**Your objective**.
Search the records for the word "payload" and copy each line in which it appears.

**Source records**.
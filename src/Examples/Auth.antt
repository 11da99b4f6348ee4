-- ===== src/Examples/Auth.antt =====
-- examples/auth-middleware/server/main.go: a middleware that lets only authorized connections pass.
-- The property "authed" of the connection is the argument of the middleware; the effects of the
-- handlers on the connection are numbered. One worker takes the requests of a connection one after
-- the other, which is what `session` does.
use kinz.Base.{
  ℕ, ◌≡◌, refl, ap, Bool, true, false, not, ◌||◌, ◌&&◌, List, [], ◌∷◌, none, ◌==◌, if◌then◌else◌,
  arith,
}
use kinz.Codec.{Message}
use kinz.Request.{
  Handler, done, next, abort, act, get_message, new_request, current, run, router_slices_next,
  bind_router_slices,
}
use kinz.Router.{
  Routes, new_routes, add_slices, add_router_slices, use_global, group_handlers, assemble, chain,
  recovered, execute,
}
use kinz.Heartbeat.{heart_beat_default_msg_id}

abbrev pub msg_auth : ℕ
msg_auth = 0

abbrev pub msg_ping : ℕ
msg_ping = 1

-- "secret".
abbrev pub token : List ℕ
token = b's' ∷ b'e' ∷ b'c' ∷ b'r' ∷ b'e' ∷ b't' ∷ []

-- `SendMsg(msgNotice, "unauthorized")`.
abbrev pub send_unauthorized : ℕ
send_unauthorized = 0

-- `SetProperty("authed", true)`.
abbrev pub set_authed : ℕ
set_authed = 1

-- `SendMsg(msgNotice, "authorized")`.
abbrev pub send_authorized : ℕ
send_authorized = 2

-- `SendMsg(msgNotice, "bad token")`.
abbrev pub send_bad_token : ℕ
send_bad_token = 3

-- `SendMsg(msgPong, req.GetData())`.
abbrev pub send_pong : ℕ
send_pong = 4

-- The default heartbeat handler logs.
abbrev pub log_heartbeat : ℕ
log_heartbeat = 5

abbrev pub same_bytes : List ℕ → List ℕ → Bool
same_bytes [] [] = true
same_bytes (x ∷ xs) (y ∷ ys) = x == y && same_bytes xs ys
same_bytes _ _ = false

abbrev pub auth_middleware : Bool → Handler
auth_middleware authed = get_message (λ m.
    if m.id == msg_auth
    then next done
    else if authed
    then next done
    else act send_unauthorized (abort done))

abbrev pub auth_handler : Handler
auth_handler = get_message (λ m.
    if same_bytes m.payload token
    then act set_authed (act send_authorized done)
    else act send_bad_token done)

abbrev pub ping_handler : Handler
ping_handler = act send_pong done

abbrev pub heartbeat_handler : Handler
heartbeat_handler = act log_heartbeat done

-- The registrations of `main`, that of `StartHeartBeat` included.
unfoldable pub auth_routes : Bool → Routes Handler
unfolding new_routes use_global add_router_slices
auth_routes authed =
    let used = use_global new_routes (auth_middleware authed ∷ []) in
    let auth = (add_router_slices used msg_auth (auth_handler ∷ [])).0 in
    let ping = (add_router_slices auth msg_ping (ping_handler ∷ [])).0 in
    (add_router_slices ping heart_beat_default_msg_id (heartbeat_handler ∷ [])).0

abbrev pub effects : Bool → ℕ → Message → List ℕ
effects authed conn_id m = (execute (auth_routes authed) none (new_request conn_id m)).1.run.trace

abbrev pub member : ℕ → List ℕ → Bool
member n [] = false
member n (x ∷ xs) = x == n || member n xs

-- The requests of a connection, in order, with what their handlers do.
abbrev pub session : Bool → ℕ → List Message → List (List ℕ)
session authed conn_id [] = []
session authed conn_id (m ∷ ms) =
    let done_now = effects authed conn_id m in
    done_now ∷ session (authed || member set_authed done_now) conn_id ms

-- A message that proves its sender.
abbrev pub is_login : Message → Bool
is_login m = m.id == msg_auth && same_bytes m.payload token

-- What a message should lead to, from an authorized connection or another.
abbrev pub reply : Bool → Message → List ℕ
reply authed m =
    if is_login m
    then set_authed ∷ send_authorized ∷ []
    else if m.id == msg_auth
    then send_bad_token ∷ []
    else if not authed
    then send_unauthorized ∷ []
    else if m.id == msg_ping
    then send_pong ∷ []
    else if m.id == heart_beat_default_msg_id
    then log_heartbeat ∷ []
    else []

abbrev pub replies : Bool → List Message → List (List ℕ)
replies authed [] = []
replies authed (m ∷ ms) = reply authed m ∷ replies (authed || is_login m) ms

effects-reply :
    (authed : Bool) (conn_id : ℕ) (m : Message) → effects authed conn_id m ≡ reply authed m
unfolding execute chain auth_routes add_slices new_routes use_global add_router_slices
    group_handlers assemble recovered router_slices_next bind_router_slices current run new_request
effects-reply true conn_id m = ground arith
effects-reply false conn_id m = ground arith

login-reply : (authed : Bool) (m : Message) → member set_authed (reply authed m) ≡ is_login m
login-reply true m = ground arith
login-reply false m = ground arith

session-replies :
    (authed : Bool) (conn_id : ℕ) (ms : List Message)
    → session authed conn_id ms ≡ replies authed ms
session-replies authed conn_id [] = refl
session-replies authed conn_id (m ∷ ms) =
    rw (effects-reply authed conn_id m, login-reply authed m)
      (ap (◌∷◌ (reply authed m)) (session-replies (authed || is_login m) conn_id ms))

-- Whatever messages a new connection sends, the handlers do this for each: the right token
-- authorizes it and is answered so; another token is turned down; any other message, also one that
-- nothing is registered for, and a heartbeat, is answered "unauthorized" unless the right token came
-- before it; and if it came, a ping is answered with a pong, a heartbeat is logged, and anything
-- else is ignored.
pub session_lem : (conn_id : ℕ) (ms : List Message) → session false conn_id ms ≡ replies false ms
session_lem conn_id ms = session-replies false conn_id ms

**Solution to this problem**.
    if same_bytes m.payload token
is_login m = m.id == msg_auth && same_bytes m.payload token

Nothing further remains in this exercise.